Content starts
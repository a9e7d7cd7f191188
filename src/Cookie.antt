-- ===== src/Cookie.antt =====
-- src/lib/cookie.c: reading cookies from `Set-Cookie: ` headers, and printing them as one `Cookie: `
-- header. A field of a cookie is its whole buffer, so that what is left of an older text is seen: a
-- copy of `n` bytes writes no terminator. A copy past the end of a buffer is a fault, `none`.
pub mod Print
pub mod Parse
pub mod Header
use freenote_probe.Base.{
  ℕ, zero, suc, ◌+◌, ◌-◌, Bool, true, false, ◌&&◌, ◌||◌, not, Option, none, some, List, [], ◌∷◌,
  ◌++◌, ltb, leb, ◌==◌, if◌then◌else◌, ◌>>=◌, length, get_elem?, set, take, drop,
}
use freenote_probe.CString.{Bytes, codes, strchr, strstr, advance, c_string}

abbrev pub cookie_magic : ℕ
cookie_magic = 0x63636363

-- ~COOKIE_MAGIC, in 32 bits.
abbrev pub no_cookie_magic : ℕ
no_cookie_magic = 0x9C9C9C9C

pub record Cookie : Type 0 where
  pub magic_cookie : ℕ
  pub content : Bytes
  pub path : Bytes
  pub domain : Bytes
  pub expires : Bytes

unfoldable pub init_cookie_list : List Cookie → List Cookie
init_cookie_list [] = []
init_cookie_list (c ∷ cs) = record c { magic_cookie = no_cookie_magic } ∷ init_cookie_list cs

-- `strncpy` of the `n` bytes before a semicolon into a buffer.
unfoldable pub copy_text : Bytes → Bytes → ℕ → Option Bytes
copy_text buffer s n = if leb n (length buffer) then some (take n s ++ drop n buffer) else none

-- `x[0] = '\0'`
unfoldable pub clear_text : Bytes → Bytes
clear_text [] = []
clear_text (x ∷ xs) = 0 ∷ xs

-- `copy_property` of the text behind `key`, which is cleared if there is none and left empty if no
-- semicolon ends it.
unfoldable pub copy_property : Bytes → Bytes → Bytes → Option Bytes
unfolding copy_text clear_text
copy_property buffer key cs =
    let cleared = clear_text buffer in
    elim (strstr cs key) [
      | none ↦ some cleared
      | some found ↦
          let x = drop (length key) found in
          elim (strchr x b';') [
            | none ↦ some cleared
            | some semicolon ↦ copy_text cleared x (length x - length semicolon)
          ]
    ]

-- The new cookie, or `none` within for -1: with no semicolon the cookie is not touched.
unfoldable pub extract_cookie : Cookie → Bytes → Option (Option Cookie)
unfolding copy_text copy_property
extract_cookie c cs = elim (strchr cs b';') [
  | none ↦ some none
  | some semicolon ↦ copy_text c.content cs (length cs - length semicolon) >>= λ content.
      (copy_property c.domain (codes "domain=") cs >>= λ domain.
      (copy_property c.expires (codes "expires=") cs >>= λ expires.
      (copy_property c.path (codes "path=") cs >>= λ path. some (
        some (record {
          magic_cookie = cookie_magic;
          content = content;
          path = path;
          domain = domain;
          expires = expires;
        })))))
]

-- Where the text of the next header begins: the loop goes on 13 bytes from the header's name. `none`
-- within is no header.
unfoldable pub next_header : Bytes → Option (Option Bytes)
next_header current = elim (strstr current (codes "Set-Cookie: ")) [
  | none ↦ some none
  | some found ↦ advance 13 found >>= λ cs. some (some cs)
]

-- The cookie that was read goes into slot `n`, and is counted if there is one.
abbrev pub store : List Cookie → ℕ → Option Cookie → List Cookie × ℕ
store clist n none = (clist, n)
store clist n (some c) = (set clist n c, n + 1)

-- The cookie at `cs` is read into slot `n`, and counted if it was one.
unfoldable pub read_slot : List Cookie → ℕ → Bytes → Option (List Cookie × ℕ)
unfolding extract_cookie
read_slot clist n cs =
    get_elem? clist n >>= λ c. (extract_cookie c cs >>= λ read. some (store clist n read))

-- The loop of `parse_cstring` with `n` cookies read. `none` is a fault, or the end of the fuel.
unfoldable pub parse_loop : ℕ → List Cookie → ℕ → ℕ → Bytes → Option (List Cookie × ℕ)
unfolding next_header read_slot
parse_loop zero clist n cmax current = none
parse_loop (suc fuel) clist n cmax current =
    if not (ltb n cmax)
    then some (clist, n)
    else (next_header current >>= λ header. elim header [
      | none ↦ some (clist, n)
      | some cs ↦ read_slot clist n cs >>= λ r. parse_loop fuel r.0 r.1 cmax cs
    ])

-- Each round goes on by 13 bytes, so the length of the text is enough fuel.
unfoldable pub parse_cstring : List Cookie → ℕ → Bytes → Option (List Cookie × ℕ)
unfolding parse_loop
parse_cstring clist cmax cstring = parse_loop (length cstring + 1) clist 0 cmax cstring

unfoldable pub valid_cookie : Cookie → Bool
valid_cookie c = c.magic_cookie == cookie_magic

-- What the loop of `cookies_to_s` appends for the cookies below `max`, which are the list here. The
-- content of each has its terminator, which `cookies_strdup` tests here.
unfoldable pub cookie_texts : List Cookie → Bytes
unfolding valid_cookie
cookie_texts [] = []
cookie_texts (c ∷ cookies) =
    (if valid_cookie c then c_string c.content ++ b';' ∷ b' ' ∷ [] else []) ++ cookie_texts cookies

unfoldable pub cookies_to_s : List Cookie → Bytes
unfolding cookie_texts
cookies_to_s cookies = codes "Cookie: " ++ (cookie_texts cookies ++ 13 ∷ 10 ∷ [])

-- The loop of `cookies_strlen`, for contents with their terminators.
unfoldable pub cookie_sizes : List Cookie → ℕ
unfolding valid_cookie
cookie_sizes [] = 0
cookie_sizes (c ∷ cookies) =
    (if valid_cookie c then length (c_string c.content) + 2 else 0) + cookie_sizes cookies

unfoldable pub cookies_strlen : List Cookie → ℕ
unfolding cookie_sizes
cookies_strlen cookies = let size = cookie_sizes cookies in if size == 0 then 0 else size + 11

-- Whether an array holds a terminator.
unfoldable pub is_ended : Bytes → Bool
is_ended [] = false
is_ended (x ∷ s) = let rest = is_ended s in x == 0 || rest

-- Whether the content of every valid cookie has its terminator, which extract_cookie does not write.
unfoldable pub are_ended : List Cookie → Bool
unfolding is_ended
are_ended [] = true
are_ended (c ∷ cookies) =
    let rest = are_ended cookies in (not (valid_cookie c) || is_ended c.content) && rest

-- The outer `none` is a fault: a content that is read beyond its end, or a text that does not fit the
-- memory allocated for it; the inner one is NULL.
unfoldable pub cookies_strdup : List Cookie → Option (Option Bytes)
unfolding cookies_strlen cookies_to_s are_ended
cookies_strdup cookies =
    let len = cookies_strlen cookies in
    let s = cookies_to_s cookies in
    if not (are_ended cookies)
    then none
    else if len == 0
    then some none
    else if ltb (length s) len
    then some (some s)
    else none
Content ends
Content starts
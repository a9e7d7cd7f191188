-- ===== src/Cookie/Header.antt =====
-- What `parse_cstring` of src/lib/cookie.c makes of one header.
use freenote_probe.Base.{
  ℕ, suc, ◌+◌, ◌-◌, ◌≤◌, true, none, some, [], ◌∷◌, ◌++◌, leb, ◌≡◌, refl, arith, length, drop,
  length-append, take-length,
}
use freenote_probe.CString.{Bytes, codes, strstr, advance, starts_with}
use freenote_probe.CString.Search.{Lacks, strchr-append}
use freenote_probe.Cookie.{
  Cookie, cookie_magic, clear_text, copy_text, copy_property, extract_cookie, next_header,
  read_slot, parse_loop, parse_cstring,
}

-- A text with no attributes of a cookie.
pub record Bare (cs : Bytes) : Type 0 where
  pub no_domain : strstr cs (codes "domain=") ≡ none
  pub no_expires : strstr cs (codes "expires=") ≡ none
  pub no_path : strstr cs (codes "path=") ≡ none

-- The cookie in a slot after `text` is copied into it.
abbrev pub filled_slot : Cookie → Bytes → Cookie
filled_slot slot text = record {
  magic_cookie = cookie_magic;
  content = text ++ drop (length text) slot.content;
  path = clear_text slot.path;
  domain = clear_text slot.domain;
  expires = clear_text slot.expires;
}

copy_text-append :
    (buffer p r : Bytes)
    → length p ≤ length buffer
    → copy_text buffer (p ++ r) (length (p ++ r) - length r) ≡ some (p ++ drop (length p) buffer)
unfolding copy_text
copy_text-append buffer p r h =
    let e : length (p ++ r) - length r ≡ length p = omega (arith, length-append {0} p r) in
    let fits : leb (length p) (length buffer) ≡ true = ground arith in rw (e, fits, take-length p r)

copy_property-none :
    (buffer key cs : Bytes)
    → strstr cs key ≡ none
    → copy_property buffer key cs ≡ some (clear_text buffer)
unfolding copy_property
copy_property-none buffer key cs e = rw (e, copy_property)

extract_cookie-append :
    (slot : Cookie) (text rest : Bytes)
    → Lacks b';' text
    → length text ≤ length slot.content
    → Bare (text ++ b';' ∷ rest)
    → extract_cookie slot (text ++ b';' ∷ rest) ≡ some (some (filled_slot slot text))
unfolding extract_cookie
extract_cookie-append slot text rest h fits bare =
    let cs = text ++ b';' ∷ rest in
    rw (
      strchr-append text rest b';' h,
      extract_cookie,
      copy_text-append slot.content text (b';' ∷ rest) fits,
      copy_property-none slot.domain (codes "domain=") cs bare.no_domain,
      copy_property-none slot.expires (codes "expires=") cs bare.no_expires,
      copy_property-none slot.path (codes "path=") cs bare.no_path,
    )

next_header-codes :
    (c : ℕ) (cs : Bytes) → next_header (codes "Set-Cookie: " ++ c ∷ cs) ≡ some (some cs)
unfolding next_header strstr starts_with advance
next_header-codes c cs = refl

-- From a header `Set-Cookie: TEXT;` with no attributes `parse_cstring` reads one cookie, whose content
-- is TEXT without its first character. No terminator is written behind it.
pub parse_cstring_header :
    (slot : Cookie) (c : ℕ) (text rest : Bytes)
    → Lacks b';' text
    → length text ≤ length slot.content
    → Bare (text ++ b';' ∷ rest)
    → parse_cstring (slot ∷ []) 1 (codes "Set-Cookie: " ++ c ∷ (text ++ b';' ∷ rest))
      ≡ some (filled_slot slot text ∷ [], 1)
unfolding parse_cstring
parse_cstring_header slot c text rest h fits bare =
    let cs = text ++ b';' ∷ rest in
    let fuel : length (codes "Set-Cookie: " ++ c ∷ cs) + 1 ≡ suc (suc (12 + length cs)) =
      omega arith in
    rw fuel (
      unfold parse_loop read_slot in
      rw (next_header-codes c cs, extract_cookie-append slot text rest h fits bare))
Content ends
Try it. Lines to set down from above: the line with "pub expires : Bytes", the line with "unfolding copy_text clear_text", and every line between, each exactly as written.

Result of the exercise.
  pub expires : Bytes

unfoldable pub init_cookie_list : List Cookie → List Cookie
init_cookie_list [] = []
init_cookie_list (c ∷ cs) = record c { magic_cookie = no_cookie_magic } ∷ init_cookie_list cs

-- `strncpy` of the `n` bytes before a semicolon into a buffer.
unfoldable pub copy_text : Bytes → Bytes → ℕ → Option Bytes
copy_text buffer s n = if leb n (length buffer) then some (take n s ++ drop n buffer) else none

-- `x[0] = '\0'`
unfoldable pub clear_text : Bytes → Bytes
clear_text [] = []
clear_text (x ∷ xs) = 0 ∷ xs

-- `copy_property` of the text behind `key`, which is cleared if there is none and left empty if no
-- semicolon ends it.
unfoldable pub copy_property : Bytes → Bytes → Bytes → Option Bytes
unfolding copy_text clear_text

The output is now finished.